Posted on Feb 14, 2021

In late August 2020 I read The Dream Machine and it is my favorite book of 2020. It is an incredible overview of a sliver of computer pioneers in the 1960s-1980s and how one man was instrumental in tying all their narratives together. One of the strands the book follows is the group at PARC (and other places) that firmly believed in the notion of interactive computing. Over the last year, I’ve repeatedly been introduced to this strand of thinking. There is Douglas Engelbart’s Augmenting Human Intellect¹ and his mother of all demos. The notion that computers should allow humans to think better, and one way to do that is to allow humans to express and try out ideas better. Writing is a useful skill to form coherent, but generally linear streams of thought. Computing is the closest we can yet get to a non-linear exploration of a problem domain, and freed from the limitations of time and space, we can recreate our thoughts in a malleable, explorable way. By applying a known process to known information, but turning a few billion cranks at a time we can get to better solutions, faster. The notion is, if we could have a computer (the physical device including the software) that would allow people to iteratively express their problems, get immediate sensory (primarily visual, but nothing prevents using the other senses) feedback and extend the computer as necessary, we can really liberate the human mind from some of its limitations. It is a very different vision from the consensus reality of vendors that deliver pre-packaged applications that all come with restrictions.
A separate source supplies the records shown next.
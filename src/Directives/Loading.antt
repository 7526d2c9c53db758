-- ===== src/Directives/Loading.antt =====
-- lib-lopez/src/directives/directives.rs: how the modules of directives are read from files. The
-- paths of the standard library, the files and the parser of a file are parameters. A module may
-- import itself in the end, so that `load` is given fuel, one for each import on the way.
pub mod Cycle
pub mod Enough
pub mod Inserted
pub mod Closed
use lopez.Prelude.{
  ℕ, suc, zero, Text, bytes, text_eq, text_cmp, split, Bool, true, false, ◌||◌, Option, none, some,
  List, [], ◌∷◌, ◌++◌, any, flat_map, map, Ordering, Result, ok, err, if◌then◌else◌,
}
use lopez.Prelude.Outcome
use lopez.Prelude.Panic
use lopez.Directives.Names.{canonical_path}

-- What `fs::read_to_string` gives.
pub data FileRead : Type 0 where
  content : Text → FileRead
  not_found other_error : FileRead

-- An item of a module: an import (`Item::Module`), or any other.
pub data Item (Other : Type 0) : Type 0 where
  import : Text → Item Other
  other : Other → Item Other

-- What `parse::entrypoint` gives: items, a text that cannot be parsed, items that cannot be
-- interpreted, or a panic. The errors are only quoted.
pub data Parsed (A : Type 0) : Type 0 where
  parsed : A → Parsed A
  malformed uninterpretable parser_panic : Parsed A

pub record Files : Type 1 where
  pub FilePath : Type 0
  pub of_parts : List Text → FilePath
  pub join_path : FilePath → FilePath → FilePath
  pub with_extension : FilePath → Text → FilePath
  pub read_to_string : FilePath → FileRead
  pub Other : Type 0
  pub entrypoint : Text → Parsed (List (Item Other))

pub data LoadError : Type 0 where
  could_not_open : (module_name : Text) → LoadError
  failed_to_parse : (module_name : Text) → LoadError
  failed_to_interpret : (module_name : Text) → LoadError
  empty_path : (path : Text) → LoadError

-- Why the loading stops before its end: with an error that it returns, or by a panic of the parser.
pub data Stop : Type 0 where
  error : LoadError → Stop
  parser_panicked : Stop

module _ (files : Files) where
  open files use {FilePath, of_parts, join_path, with_extension, read_to_string, Other, entrypoint}

  -- `read_from_many`: the first file that is found, unless a file before it has another error.
  unfoldable pub read_from_many : List FilePath → Option Text
  read_from_many [] = none
  read_from_many (path ∷ paths) = elim (read_to_string path) [
    | content text ↦ some text
    | not_found ↦ read_from_many paths
    | other_error ↦ none
  ]

  abbrev pub interpreted : Text → Parsed (List (Item Other)) → Result Stop (List (Item Other))
  interpreted module_name (parsed items) = ok items
  interpreted module_name malformed = err (error (failed_to_parse module_name))
  interpreted module_name uninterpretable = err (error (failed_to_interpret module_name))
  interpreted module_name parser_panic = err parser_panicked

  abbrev pub parsed_items : Text → Option Text → Result Stop (List (Item Other))
  parsed_items module_name none = err (error (could_not_open module_name))
  parsed_items module_name (some text) = interpreted module_name (entrypoint text)

  unfoldable pub load_items_from : Text → List FilePath → Result Stop (List (Item Other))
  unfolding read_from_many
  load_items_from module_name paths = parsed_items module_name (read_from_many paths)

  -- `BTreeMap<String, Module>`.
  abbrev pub Modules : Type 0
  Modules = List (Text × List (Item Other))

  abbrev pub contains_key : Text → Modules → Bool
  contains_key name modules = any (λ (m : Text × List (Item Other)). text_eq name m.0) modules

  abbrev pub put_module :
      Ordering → Text × List (Item Other) → Text × List (Item Other) → Modules → Modules → Modules
  put_module Ordering.lt m n ns rest = m ∷ n ∷ ns
  put_module Ordering.eq m n ns rest = m ∷ ns
  put_module Ordering.gt m n ns rest = n ∷ rest

  unfoldable pub insert_module : Text × List (Item Other) → Modules → Modules
  insert_module m [] = m ∷ []
  insert_module m (n ∷ ns) = put_module (text_cmp m.0 n.0) m n ns (insert_module m ns)

  -- The two files in which a root may hold a module.
  abbrev pub paths_in : Text → FilePath → List FilePath
  paths_in module_name root =
      let file_path = join_path root (of_parts (split b'.' module_name)) in
      let folder_path = join_path file_path (of_parts (bytes "module" ∷ [])) in
      with_extension file_path (bytes "lcd") ∷ with_extension folder_path (bytes "lcd") ∷ []

  abbrev pub module_paths : List FilePath → Text → List FilePath
  module_paths roots module_name = flat_map (paths_in module_name) roots

  -- The name of an imported module.
  unfoldable pub sub_module_name : Text → Text → Result LoadError Text
  unfolding canonical_path
  sub_module_name module_name path = elim (canonical_path (module_name ++ (bytes "." ++ path))) [
    | ok name ↦ ok name
    | err p ↦ err (empty_path p)
  ]

  -- What `load` gives, `none` where the fuel ran out.
  abbrev pub Loaded : Type 0
  Loaded = Option (Result Stop Modules)

  -- `?` on a result that may be missing.
  abbrev pub then_load : Loaded → (Modules → Loaded) → Loaded
  then_load none next = none
  then_load (some (err e)) next = some (err e)
  then_load (some (ok modules)) next = next modules

  module _ (roots : List FilePath) where
    abbrev pub load_named :
        (Text → Modules → List FilePath → Loaded) → Modules → Result LoadError Text → Loaded
    load_named load_one modules (err e) = some (err (error e))
    load_named load_one modules (ok name) = load_one name modules (module_paths roots name)

    -- The loop over the items, with the recursive call.
    unfoldable pub load_imports :
        (Text → Modules → List FilePath → Loaded) → Text → List (Item Other) → Modules → Loaded
    unfolding sub_module_name
    load_imports load_one module_name [] modules = some (ok modules)
    load_imports load_one module_name (import path ∷ items) modules =
        then_load (load_named load_one modules (sub_module_name module_name path))
          (load_imports load_one module_name items)
    load_imports load_one module_name (other item ∷ items) modules =
        load_imports load_one module_name items modules

    abbrev pub load_with :
        (Text → Modules → List FilePath → Loaded)
        → Text
        → Modules
        → Result Stop (List (Item Other))
        → Loaded
    load_with load_one module_name modules (err e) = some (err e)
    load_with load_one module_name modules (ok items) =
        then_load (load_imports load_one module_name items modules)
          λ loaded. some (ok (insert_module (module_name, items) loaded))

    unfoldable pub load : ℕ → Text → Modules → List FilePath → Loaded
    unfolding load_items_from load_imports insert_module
    load zero module_name modules paths = none
    load (suc fuel) module_name modules paths =
        let fresh = load_with (load fuel) module_name modules (load_items_from module_name paths) in
        if contains_key module_name modules then some (ok modules) else fresh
Smalltalk² is one of the outputs of this strand of thinking and has had a big impact on general purpose programming languages³. However the focus on object orientation and test-driven development have robbed the world of what I think are its most important aspects:

programming as a dialogue with the computer, with meaningful feedback and assistance.
the environment being just as important to programming as the language, and empowering users to modify the environment to help solve their problem.
semantic simplicity as a necessity for easier comprehension in the face of the above points.
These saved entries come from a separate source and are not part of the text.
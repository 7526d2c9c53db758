-- ===== src/Directives/ParseCommon.antt =====
-- lib-lopez/src/directives/parse_common.rs: white space, comments and strings of the directives.
pub mod Eats
pub mod White
pub mod Escaping
use lopez.Prelude.{
  ℕ, Text, bytes, ◌==◌, Bool, true, false, List, [], ◌∷◌, Result, ok, err, if◌then◌else◌,
}
use lopez.Prelude.Outcome
use lopez.Extern.{Extern}
use lopez.Nom.{Nom, Parser, IResult, error, is_a, mapped}

abbrev pub eof : Parser Unit
eof [] = ok ([], tt)
eof (c ∷ i) = err (error (c ∷ i) is_a)

-- The loop of `escaped_string`, from `is_escaped`.
abbrev pub unescape : Bool → Text → Text
unescape is_escaped [] = []
unescape true (c ∷ s) = let rest = unescape false s in if c == 34 then 34 ∷ rest else 92 ∷ c ∷ rest
unescape false (c ∷ s) =
    let inside = unescape true s in
    let rest = unescape false s in if c == 92 then inside else c ∷ rest

module _ {ext : Extern} (nom : Nom ext) where
  open nom use {tag, is_not, escaped, anychar, multispace1, map, many0, tuple, alt, delimited}

  unfoldable pub comment : Parser Unit
  comment =
      map
        (delimited (tag (bytes "//")) (is_not (bytes "\n"))
          (alt (map (tag (bytes "\n")) (λ _. tt) ∷ eof ∷ [])))
        (λ _. tt)

  unfoldable pub whitespace : Parser Unit
  whitespace = map (many0 (alt (comment ∷ map multispace1 (λ _. tt) ∷ []))) (λ _. tt)

  unfoldable pub trailing_whitespace : {T : Type 0} → Parser T → Parser T
  trailing_whitespace f = map (tuple f whitespace) (λ (t, _). t)

  unfoldable pub tag_whitespace : Text → Parser Text
  tag_whitespace tag_val = trailing_whitespace (tag tag_val)

  unfoldable pub tags_whitespace : List Text → Parser Unit
  tags_whitespace [] i = ok (i, tt)
  tags_whitespace (tag_val ∷ tag_vals) i =
      Outcome.◌>>=◌ (tag_whitespace tag_val i) λ (matched, _). tags_whitespace tag_vals matched

  unfoldable pub escaped_string : Parser Text
  escaped_string i = mapped (unescape false) (
      delimited (tag (bytes "\"")) (escaped (is_not (bytes "\\\"")) 92 anychar) (tag (bytes "\""))
        i)

-- `regex`.
abbrev pub regex : (ext : Extern) → Text → Result Text ext.Regex
regex ext parsed = ext.regex_from_str parsed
Aditya Siram has this excellent talk giving a taste of Smalltalk. If you had to take only one thing away from this post, it is to go and watch that. I knew I had to try this thing out! While I worked through the Pharo MOOC for a few days, I quickly lost interest in their examples. Advent of Code 2020 (AoC)⁴ seemed like a much better avenue to really try out Smalltalk. All my experiences are based on the Pharo variant, which seems to be the leading implementation right now.

While I was working my way through AoC, Mike Levins wrote On repl-driven programming. I think he wasn’t fully able to convey the ideas of Smalltalk, because the term “REPL” is too strongly associated with Python/JavaScript/Ruby REPLs at this point. I hope I did my bit of evangelizing to correct that. Alright, lets jump into my experience.

❤️ What I really liked

A truly integrated development environment (IDE)

What do I mean? Well Smalltalk really facilitates creating a program in an exploratory style, including test-driven development. As an example, for Day 5, I wrote the following:

Now, as soon as I “accept” this code (by pressing Ctrl+S), Smalltalk will ask me if I would like to define this AOCBoardingPassParser class. It will pop up a little window to let me do that. It will also detect I wrote a test case (because when I created a class for the test case, I inherited from TestCase) and the system browser and other elements of the interface will have these little gray/green/red dots next to every test case, letting me run the test and observe the results right away. Now, this is offered in modern IDEs like IntelliJ and PyCharm, but this was available 40 years ago in Smalltalk! But that is just the beginning.

I can now run this test (remember I’ve only defined the AOCBoardingPassParser class at this point) and it will encounter the missing method toSeat: on the class (think of this like a “static method” in Java/Python⁵). In a statically typed language, you would get a compilation error or have your IDE highlight it for you. If you were in a dynamic language, then you’d just have an exception thrown when running the program – AttributeError in Python. Unless you explicitly ran the test in a debugger, that is all you would get and now you’ve to go back to the editor, fix this, then re-run the test.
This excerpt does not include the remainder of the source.